(Stored data entries)
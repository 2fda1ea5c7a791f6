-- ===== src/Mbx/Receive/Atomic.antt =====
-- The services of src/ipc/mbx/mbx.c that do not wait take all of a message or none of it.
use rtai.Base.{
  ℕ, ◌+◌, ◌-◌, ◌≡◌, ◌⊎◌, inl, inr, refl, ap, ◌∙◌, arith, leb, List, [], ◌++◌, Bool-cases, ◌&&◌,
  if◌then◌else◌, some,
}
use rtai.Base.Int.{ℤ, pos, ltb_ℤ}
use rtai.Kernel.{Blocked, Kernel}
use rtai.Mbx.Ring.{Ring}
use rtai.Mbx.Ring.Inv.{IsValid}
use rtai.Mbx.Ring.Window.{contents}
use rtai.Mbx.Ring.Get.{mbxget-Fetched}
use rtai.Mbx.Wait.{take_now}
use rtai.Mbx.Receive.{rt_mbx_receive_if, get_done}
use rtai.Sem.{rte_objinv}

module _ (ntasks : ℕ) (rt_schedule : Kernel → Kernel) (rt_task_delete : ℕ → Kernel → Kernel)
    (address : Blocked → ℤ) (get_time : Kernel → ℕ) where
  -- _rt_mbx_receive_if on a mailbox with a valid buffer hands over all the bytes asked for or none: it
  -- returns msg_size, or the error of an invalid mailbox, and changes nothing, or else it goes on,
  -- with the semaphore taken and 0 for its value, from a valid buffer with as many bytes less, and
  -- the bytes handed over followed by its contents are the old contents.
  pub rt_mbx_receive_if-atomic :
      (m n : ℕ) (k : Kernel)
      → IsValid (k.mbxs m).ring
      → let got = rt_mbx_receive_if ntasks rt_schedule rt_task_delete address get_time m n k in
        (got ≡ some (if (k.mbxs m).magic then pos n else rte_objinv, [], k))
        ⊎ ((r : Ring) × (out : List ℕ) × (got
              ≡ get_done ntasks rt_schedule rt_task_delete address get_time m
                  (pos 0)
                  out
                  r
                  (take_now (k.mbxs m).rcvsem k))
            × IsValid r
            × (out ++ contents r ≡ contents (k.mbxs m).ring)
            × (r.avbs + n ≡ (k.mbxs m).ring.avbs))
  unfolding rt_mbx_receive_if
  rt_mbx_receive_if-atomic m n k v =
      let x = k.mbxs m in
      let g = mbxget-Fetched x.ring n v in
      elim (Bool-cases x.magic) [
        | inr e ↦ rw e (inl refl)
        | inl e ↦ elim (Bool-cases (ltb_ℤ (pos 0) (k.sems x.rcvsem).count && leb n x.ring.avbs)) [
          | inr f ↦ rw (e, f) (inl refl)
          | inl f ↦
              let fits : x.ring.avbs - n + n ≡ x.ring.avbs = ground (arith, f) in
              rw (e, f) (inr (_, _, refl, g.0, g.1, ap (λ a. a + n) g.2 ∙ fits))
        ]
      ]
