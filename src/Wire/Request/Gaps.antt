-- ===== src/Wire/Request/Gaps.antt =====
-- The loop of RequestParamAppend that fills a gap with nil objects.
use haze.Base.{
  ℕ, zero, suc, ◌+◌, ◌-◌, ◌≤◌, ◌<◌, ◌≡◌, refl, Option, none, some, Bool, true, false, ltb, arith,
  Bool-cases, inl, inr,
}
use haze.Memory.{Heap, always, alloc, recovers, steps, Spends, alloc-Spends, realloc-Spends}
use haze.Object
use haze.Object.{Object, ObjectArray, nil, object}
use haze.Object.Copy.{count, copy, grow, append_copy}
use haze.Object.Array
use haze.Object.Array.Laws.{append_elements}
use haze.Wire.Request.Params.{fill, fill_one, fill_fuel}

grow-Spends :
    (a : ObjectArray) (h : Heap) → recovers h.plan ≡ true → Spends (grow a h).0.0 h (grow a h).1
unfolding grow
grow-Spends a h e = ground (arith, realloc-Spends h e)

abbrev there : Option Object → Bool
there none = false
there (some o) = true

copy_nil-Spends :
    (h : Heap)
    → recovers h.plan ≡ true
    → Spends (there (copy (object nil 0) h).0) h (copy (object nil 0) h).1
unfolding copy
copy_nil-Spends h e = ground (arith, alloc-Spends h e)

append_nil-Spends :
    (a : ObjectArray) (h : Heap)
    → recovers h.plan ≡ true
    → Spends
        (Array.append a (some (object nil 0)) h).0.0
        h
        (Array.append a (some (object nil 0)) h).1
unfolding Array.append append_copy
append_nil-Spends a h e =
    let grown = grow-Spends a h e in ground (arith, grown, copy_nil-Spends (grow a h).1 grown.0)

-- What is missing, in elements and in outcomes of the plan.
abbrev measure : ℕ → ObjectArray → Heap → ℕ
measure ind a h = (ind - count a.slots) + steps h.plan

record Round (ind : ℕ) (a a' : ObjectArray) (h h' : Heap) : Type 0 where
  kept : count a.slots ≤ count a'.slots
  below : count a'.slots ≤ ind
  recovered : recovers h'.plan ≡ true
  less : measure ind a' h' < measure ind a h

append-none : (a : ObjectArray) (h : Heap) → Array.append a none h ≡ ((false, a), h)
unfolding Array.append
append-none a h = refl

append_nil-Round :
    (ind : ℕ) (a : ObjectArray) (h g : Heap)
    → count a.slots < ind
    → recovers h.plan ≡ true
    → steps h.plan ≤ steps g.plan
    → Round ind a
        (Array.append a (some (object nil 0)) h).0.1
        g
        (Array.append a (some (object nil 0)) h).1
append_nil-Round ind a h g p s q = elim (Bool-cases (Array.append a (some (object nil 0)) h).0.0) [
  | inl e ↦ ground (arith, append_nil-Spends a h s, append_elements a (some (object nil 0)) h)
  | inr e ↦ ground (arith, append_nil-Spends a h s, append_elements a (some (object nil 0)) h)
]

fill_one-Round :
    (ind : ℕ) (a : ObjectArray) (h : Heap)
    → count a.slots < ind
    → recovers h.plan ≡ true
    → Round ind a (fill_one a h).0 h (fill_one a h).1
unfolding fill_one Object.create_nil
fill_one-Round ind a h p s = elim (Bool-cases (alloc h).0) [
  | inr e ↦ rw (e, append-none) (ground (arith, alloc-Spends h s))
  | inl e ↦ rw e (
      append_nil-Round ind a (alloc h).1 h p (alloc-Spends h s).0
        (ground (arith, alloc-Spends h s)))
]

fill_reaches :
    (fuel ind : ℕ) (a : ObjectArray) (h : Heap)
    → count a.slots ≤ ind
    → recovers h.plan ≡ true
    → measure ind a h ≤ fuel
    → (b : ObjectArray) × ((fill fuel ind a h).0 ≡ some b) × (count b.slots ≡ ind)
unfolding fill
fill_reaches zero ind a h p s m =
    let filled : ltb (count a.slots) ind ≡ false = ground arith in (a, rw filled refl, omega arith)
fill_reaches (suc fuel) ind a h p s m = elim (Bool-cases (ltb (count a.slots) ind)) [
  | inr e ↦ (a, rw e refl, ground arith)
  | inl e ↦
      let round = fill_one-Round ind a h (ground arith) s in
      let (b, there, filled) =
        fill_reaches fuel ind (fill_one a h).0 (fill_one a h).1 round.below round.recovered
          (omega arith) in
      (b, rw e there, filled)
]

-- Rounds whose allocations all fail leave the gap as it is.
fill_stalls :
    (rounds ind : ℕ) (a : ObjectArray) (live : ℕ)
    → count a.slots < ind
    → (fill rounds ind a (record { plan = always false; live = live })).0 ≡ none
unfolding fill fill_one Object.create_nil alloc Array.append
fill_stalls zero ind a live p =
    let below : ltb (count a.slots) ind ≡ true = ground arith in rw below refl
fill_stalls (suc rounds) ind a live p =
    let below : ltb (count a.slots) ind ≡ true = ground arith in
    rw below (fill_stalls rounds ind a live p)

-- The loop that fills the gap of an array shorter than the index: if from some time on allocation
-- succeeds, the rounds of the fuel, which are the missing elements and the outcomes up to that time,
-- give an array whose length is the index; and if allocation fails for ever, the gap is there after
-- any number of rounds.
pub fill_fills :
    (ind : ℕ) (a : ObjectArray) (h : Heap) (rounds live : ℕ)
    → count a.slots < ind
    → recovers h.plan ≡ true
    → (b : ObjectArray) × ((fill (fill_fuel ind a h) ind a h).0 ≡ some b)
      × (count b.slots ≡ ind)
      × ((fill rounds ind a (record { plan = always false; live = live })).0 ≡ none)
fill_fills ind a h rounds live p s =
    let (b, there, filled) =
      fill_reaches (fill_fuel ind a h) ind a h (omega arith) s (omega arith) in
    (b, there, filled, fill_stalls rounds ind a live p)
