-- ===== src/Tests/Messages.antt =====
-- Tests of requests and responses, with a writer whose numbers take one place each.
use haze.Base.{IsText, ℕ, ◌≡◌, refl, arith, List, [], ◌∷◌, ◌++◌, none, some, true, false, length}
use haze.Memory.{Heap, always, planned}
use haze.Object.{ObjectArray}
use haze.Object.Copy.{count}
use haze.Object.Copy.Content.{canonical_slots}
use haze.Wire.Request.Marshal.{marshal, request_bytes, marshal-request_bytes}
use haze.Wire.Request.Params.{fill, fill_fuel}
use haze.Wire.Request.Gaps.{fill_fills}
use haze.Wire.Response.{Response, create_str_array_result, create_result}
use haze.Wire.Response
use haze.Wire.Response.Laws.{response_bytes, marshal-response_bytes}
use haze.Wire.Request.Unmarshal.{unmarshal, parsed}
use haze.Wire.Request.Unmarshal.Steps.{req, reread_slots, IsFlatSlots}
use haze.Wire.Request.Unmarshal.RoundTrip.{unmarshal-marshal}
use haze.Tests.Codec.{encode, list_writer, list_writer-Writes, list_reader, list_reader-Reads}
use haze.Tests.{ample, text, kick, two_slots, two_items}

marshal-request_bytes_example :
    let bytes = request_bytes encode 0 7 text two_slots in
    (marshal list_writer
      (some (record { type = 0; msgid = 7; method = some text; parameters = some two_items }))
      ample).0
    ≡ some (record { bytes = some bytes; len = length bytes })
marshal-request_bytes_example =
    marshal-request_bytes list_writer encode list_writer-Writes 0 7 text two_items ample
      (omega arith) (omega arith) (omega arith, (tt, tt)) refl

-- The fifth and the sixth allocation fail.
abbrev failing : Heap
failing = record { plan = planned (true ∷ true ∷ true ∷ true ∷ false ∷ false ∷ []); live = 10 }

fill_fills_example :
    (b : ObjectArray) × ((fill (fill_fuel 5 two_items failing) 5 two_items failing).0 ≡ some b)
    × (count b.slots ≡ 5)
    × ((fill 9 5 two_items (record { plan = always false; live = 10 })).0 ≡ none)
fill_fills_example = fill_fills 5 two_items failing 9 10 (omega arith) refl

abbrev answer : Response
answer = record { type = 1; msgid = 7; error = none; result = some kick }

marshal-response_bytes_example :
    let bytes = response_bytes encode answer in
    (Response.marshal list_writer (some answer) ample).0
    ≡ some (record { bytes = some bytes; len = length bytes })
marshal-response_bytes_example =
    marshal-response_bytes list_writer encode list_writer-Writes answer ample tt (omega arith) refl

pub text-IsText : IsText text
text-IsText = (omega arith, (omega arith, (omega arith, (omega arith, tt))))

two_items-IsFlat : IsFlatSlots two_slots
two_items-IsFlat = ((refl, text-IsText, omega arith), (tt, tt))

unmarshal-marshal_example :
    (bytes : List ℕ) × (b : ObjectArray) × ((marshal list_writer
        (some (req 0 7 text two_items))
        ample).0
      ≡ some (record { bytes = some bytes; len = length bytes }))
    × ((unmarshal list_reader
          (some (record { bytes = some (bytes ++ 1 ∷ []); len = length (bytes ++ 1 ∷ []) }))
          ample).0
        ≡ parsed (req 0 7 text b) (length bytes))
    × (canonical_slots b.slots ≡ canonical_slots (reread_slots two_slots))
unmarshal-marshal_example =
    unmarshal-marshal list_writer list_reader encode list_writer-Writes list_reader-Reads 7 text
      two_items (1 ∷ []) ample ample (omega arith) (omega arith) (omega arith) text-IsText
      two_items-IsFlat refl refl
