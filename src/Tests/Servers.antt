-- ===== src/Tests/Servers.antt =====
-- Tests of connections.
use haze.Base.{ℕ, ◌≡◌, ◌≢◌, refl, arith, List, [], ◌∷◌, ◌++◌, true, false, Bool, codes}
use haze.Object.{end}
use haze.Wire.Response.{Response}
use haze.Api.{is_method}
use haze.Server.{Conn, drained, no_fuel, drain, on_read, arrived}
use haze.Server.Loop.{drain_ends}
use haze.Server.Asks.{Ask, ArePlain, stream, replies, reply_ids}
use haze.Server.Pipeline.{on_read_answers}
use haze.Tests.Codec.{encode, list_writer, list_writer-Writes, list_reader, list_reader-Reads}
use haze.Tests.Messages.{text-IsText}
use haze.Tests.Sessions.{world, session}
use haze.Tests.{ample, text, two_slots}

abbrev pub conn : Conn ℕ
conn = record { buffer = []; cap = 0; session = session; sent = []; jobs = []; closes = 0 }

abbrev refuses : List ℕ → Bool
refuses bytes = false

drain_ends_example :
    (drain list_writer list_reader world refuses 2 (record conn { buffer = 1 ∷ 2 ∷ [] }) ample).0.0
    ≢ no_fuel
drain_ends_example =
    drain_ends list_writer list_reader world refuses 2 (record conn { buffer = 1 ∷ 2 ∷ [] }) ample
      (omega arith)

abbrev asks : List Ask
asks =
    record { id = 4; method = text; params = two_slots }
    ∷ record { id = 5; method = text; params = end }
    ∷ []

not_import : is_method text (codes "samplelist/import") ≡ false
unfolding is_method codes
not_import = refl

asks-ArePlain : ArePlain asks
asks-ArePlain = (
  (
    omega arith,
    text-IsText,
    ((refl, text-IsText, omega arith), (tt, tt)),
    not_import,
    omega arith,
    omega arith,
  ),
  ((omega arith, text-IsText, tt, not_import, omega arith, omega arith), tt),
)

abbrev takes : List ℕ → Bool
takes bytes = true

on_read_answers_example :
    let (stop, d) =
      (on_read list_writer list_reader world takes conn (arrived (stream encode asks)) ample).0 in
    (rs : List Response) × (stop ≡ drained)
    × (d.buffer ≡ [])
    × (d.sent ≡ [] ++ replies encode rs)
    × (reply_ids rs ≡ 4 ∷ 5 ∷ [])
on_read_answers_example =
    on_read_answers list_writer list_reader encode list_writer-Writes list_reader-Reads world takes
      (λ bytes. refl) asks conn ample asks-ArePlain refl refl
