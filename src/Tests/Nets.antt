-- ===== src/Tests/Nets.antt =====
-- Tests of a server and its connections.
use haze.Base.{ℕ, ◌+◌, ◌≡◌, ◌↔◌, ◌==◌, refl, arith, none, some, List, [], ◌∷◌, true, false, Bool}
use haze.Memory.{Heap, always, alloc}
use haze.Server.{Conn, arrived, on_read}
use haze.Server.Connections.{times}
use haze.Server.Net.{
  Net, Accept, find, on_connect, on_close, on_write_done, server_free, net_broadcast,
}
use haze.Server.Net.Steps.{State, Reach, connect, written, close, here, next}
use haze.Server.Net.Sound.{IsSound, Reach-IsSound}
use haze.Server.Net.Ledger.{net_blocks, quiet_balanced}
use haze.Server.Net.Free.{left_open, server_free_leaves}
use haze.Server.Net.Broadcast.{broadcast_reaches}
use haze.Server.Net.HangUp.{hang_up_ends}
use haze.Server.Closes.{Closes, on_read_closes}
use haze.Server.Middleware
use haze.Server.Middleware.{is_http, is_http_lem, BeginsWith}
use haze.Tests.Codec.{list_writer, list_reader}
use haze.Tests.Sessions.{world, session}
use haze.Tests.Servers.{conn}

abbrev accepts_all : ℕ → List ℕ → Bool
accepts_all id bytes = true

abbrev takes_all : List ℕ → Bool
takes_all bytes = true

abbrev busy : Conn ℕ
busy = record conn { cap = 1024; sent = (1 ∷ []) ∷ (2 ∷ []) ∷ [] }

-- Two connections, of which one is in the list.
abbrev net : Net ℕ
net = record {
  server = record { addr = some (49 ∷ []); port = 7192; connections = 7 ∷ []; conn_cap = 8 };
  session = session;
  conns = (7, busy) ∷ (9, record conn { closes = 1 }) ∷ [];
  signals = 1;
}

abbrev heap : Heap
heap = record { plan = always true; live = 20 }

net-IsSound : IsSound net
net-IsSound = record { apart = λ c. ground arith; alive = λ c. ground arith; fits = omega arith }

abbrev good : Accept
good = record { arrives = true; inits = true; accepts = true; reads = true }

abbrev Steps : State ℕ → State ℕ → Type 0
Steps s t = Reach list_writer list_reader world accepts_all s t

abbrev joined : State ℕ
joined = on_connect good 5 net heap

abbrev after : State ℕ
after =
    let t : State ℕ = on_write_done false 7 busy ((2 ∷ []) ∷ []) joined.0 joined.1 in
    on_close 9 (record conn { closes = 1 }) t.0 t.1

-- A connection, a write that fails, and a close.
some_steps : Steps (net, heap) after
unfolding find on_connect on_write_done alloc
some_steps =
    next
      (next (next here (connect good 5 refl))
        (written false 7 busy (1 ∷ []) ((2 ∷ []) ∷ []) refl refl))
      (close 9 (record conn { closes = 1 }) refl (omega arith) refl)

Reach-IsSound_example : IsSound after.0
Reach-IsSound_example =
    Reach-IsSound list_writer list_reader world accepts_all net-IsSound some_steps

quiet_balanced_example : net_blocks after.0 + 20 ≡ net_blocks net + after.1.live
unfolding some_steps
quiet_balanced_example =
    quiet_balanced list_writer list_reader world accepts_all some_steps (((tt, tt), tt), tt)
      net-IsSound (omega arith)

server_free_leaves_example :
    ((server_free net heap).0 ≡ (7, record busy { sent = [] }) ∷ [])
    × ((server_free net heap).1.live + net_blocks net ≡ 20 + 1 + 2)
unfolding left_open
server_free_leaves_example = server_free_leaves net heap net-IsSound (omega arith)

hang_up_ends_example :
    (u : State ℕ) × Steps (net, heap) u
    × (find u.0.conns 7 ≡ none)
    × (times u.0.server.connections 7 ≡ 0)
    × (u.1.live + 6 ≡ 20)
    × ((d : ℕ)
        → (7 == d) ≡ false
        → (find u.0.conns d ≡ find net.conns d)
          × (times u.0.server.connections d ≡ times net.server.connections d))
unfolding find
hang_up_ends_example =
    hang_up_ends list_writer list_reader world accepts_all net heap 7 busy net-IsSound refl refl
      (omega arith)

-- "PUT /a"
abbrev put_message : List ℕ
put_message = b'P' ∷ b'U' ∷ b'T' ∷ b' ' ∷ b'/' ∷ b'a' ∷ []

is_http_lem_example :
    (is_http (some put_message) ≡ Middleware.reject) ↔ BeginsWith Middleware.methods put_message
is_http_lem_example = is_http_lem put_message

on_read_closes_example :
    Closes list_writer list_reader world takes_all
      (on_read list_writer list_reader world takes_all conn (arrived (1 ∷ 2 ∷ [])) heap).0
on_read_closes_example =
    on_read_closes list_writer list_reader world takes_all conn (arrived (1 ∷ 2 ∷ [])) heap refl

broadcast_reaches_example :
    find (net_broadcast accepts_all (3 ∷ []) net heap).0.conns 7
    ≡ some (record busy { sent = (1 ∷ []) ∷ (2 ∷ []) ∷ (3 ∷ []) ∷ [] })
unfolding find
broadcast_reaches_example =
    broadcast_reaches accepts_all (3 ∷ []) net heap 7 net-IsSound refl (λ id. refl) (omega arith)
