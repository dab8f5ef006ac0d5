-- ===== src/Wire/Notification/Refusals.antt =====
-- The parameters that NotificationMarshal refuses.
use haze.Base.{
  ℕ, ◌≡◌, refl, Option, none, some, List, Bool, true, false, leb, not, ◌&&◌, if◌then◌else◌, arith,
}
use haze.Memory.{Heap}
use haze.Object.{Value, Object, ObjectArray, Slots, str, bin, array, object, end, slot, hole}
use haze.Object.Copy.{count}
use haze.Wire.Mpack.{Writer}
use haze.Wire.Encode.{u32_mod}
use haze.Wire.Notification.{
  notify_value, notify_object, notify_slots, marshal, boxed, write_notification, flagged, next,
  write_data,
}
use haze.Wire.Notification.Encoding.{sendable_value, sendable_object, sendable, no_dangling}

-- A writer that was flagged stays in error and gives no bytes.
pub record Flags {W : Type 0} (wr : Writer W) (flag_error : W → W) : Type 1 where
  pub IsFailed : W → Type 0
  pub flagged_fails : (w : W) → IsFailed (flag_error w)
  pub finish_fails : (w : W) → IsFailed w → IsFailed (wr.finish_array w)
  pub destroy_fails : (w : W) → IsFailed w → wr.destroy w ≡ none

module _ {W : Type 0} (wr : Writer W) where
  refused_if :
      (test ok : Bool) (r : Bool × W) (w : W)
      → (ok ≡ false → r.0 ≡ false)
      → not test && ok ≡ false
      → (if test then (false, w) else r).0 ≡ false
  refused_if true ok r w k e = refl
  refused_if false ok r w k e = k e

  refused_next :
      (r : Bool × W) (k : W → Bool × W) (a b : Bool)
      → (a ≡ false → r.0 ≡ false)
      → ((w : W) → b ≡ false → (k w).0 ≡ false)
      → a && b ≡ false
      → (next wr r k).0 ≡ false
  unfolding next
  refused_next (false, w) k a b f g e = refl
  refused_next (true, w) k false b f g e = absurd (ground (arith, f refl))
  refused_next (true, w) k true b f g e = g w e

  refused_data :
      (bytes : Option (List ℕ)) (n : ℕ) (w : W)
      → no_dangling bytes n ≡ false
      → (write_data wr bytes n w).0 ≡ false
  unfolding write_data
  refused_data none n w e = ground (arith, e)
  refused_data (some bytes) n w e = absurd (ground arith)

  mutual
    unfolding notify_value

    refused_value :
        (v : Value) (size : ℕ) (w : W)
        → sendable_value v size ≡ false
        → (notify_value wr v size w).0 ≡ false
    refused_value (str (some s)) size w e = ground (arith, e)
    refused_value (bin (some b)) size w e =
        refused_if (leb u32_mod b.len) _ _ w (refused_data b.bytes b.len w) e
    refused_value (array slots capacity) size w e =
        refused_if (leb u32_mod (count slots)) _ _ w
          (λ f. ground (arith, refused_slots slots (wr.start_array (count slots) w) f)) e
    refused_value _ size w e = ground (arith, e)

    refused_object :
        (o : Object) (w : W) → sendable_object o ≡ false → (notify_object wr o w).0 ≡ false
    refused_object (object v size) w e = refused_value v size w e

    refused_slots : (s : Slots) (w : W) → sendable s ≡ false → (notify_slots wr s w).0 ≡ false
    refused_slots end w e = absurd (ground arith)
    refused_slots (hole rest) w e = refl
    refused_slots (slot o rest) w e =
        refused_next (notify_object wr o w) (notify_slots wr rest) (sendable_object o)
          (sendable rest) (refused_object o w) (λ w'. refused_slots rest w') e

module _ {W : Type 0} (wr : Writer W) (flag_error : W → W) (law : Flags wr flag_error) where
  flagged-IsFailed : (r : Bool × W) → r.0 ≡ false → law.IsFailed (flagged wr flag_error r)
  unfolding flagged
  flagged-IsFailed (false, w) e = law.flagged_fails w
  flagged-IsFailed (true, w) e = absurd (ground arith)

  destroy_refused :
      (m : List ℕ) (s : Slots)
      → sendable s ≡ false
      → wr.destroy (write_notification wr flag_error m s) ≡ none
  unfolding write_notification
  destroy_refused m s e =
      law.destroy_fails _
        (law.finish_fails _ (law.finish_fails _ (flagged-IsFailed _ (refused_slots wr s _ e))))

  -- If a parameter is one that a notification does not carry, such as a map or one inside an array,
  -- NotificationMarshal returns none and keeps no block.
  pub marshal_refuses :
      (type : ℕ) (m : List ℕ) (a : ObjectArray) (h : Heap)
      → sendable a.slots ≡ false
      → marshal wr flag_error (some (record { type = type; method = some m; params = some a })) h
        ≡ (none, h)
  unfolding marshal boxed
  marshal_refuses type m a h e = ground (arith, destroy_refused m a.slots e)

> Exercise goal
One stretch of the lines above is wanted, from the line that contains "size w).0 ≡ false" through the line that contains "(o : Object)". Output it exactly.

> Your response
        → (notify_value wr v size w).0 ≡ false
    refused_value (str (some s)) size w e = ground (arith, e)
    refused_value (bin (some b)) size w e =
        refused_if (leb u32_mod b.len) _ _ w (refused_data b.bytes b.len w) e
    refused_value (array slots capacity) size w e =
        refused_if (leb u32_mod (count slots)) _ _ w
          (λ f. ground (arith, refused_slots slots (wr.start_array (count slots) w) f)) e
    refused_value _ size w e = ground (arith, e)

    refused_object :
        (o : Object) (w : W) → sendable_object o ≡ false → (notify_object wr o w).0 ≡ false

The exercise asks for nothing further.